Tıp literatürüne göre mutlak doğruymuş gibi kabul ettiğimiz ve hiç tartışmadığımız olgular var. Bilmem şu araştırma kliniği bu konuda otorite. Veya Amerikan bilmem nesinin doğru kabul ettiği ve bizim tıp dünyasının da sorgulamadan kabul ettikleri ne kadar doğru. Kendimden örnek vereceğim. Yaklaşık 20 yıl önce kollestrolüm 214 (224 de olabilir çok zaman geçti.) çıkınca doktor, kollestrol ilacı yazdı ve diyet programı verdi. Korktum ve hem ilaçları kullandım hem de diyete harfiyet dikkat ettim. Çok detaya boğmadan sonuca geleceğim. Ufak çapta kendi kendime yaptığım araştırmalarla öğrendiklerim.
Kollestrole yol açan hayvani yağlar değil şekermiş.E doktorum yağlardan özellikle de hayvani yağlardan uzak durmam gerektiğini söyledi. Sakatat kesinlikle yasaktı. Bunların vücudumuza çok büyük katkıları var.Bunlardan da mahrum kalıyorsun. vs. Çok uzattım farkındayım.

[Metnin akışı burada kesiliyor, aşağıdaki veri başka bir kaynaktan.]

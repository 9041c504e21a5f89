-- ===== src/Tsm/Index/Runs.antt =====
-- Runs of internal/tsm/reader.go on a file of three keys.
use tsm2arc.Prelude.{
  ℕ, ◌^◌, ◌<◌, List, [], ◌∷◌, ◌++◌, Option, none, some, length, Bytes, ◌≡◌, refl, arith, All, ◌⊎◌,
  false,
}
use mathlib.Core.List.{Perm}
use tsm2arc.Prelude.Int64.{pos, IsInt64}
use tsm2arc.Prelude.Strings.{codes, str_eq}
use tsm2arc.Tsm.{IndexEntry, KeyBlocks, ok}
use tsm2arc.Tsm.Binary.{put_big_endian}
use tsm2arc.Tsm.Index.{Index, Reader, make_index, parse_index, search}
use tsm2arc.Tsm.Index.Written.{EntryFits, KeyBlocksFit}
use tsm2arc.Tsm.Index.Parsed.{
  put_keys, put_file, written, parse_index-put_file, parse_index-make_index,
}
use tsm2arc.Tsm.Index.Found.{IsSorted, search-parse_index}
use tsm2arc.Tsm.Index.Blocks.{PointsAt}

abbrev one_entry : IndexEntry
one_entry = record { min_time = pos 1; max_time = pos 9; offset = pos 5; size = 6 }

abbrev key_of : Bytes → KeyBlocks
key_of key = record { key = key; type = 1; entries = one_entry ∷ [] }

abbrev three_keys : List KeyBlocks
three_keys = key_of (codes "m#!~#b") ∷ key_of (codes "m#!~#a") ∷ key_of (codes "k#!~#z") ∷ []

abbrev body : Bytes
body = 0 ∷ 0 ∷ 0 ∷ 0 ∷ 7 ∷ 0 ∷ []

in_range : (n : ℕ) → n < 2 ^ 63 → IsInt64 (pos n)
in_range n h = record { above = omega arith; below = omega arith }

one_entry-EntryFits : EntryFits one_entry
one_entry-EntryFits = record {
  min_fits = in_range 1 (omega arith);
  max_fits = in_range 9 (omega arith);
  offset_fits = in_range 5 (omega arith);
  size_fits = omega arith;
}

key_of-KeyBlocksFit : (key : Bytes) → length key < 2 ^ 16 → KeyBlocksFit (key_of key)
key_of-KeyBlocksFit key h = record {
  key_fits = h;
  type_fits = omega arith;
  count_fits = omega arith;
  entries_fit = (one_entry-EntryFits, tt);
}

three_keys-KeyBlocksFit : All KeyBlocksFit three_keys
three_keys-KeyBlocksFit = (
  key_of-KeyBlocksFit (codes "m#!~#b") (omega arith),
  (
    key_of-KeyBlocksFit (codes "m#!~#a") (omega arith),
    (key_of-KeyBlocksFit (codes "k#!~#z") (omega arith), tt),
  ),
)

small_file : length (put_file body three_keys) < 2 ^ 63
unfolding put_big_endian
small_file = omega arith

abbrev parsed : Index
parsed = make_index (length (put_keys three_keys)) (written 42 body three_keys) three_keys

parse_index-put_file_example :
    (ix : Index) × (parse_index (written 42 body three_keys) ≡ ok ix)
    × Perm ix.keys three_keys
    × IsSorted ix.keys
    × (ix.size ≡ length (put_file body three_keys))
    × (ix.mod_time ≡ 42)
parse_index-put_file_example =
    parse_index-put_file 42 body three_keys three_keys-KeyBlocksFit small_file

parsed_run : parse_index (written 42 body three_keys) ≡ ok parsed
parsed_run = parse_index-make_index 42 body three_keys three_keys-KeyBlocksFit small_file

search-parse_index_example :
    ((kb : KeyBlocks) × (search (codes "m#!~#a") parsed.keys ≡ some kb) × (kb.key ≡ codes "m#!~#a"))
    ⊎ ((search (codes "m#!~#a") parsed.keys ≡ none)
        × All (λ (k : KeyBlocks). str_eq k.key (codes "m#!~#a") ≡ false) parsed.keys)
search-parse_index_example =
    search-parse_index (written 42 body three_keys) parsed (codes "m#!~#a") parsed_run

abbrev stored : Bytes → Option Bytes
stored b = some b

abbrev reader : Reader
reader = record {
  f = written 42 body [];
  ix = record { keys = []; size = 19; mod_time = 42; approx = 0 };
}

one_entry-PointsAt : PointsAt reader one_entry body
unfolding put_big_endian
one_entry-PointsAt = record {
  before = put_big_endian 4 0x16D116D1 ++ put_big_endian 1 1;
  after = put_big_endian 8 11;
  contents = refl;
  at_offset = refl;
  of_size = refl;
  same_size = refl;
  addressable = omega arith;
}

Daha da ilginç olanı. İlaç endüstrisinin kontrolünde olan dergiler otoriteler vs. Kollestrolün tehlike üst sınırı 260 diyorlar. Kollestrol ilacına bağımlı dünyadaki hasta sayıcı 300 milyon. Ne hikmetse bu kuruluşlar yapılan araştırmalar neticesinde üst sınırı 240 a çekiyorlar. İlaç kullanması gereken insan sayısı 2 milyara çıkıyor. Sonra sağlığımız için gene araştırıyorlar bakıyorlar ki 240 değil de 220 ilaç pazarı ne kadar genişliyor değil mi?
Konuyu uzattım farkındayım ama tıp otoritelerinin mutlak doğru dedikleri de bize anlatıldığı gibi doğru olamayabiliyor.
Ayrımı iyi yapmak lazım Soner Yalçın ,bu konusulanlardan ilaç bosyere kullanılıyor algısı cikabilir.ilac kullanımı ayrı birşey ,endikasyon haricinde ilaç kullandirilmasi ayrı birşey.Senin bahsettigin pazari buyutmek icin fazladan yazılan ilaçlardır ki buna eski ilaç sektörü çalışanı olarak çok sahit oldum. Çok rezilliklerinide gördüm .Daha once Verdiginiz viox adli ilac ornegi uc bir ornektir ve evet dogrudur yaşanmıştır.o ilaç firmasının o zamanlar meşhur yurtiçi ve yurt dışı Kongreleri o ilaci o zaman yazan hekimlere cok cazip gelmistir.Ama bunu tüm ilaç lar için genelleme yaparak konuşmak büyük hatadir. Herhangi bir ilacın ise yaramadigina dair bilimsel çalışma örneği veremiyorsan bu konuşmalar havada kalir ,burda asli olması gereken sağlık sektöründeki denetimlerin göstermelik değil ama gibi yapılmasıdır.
Tıp bilim değil de gazetecilik mi bilim?? Kernikteruslu çocuklar ilkokulu, üniversiteyi bitirir hatta şekilde görüldüğü gibi gazeteci bile olup herşeyi bilir.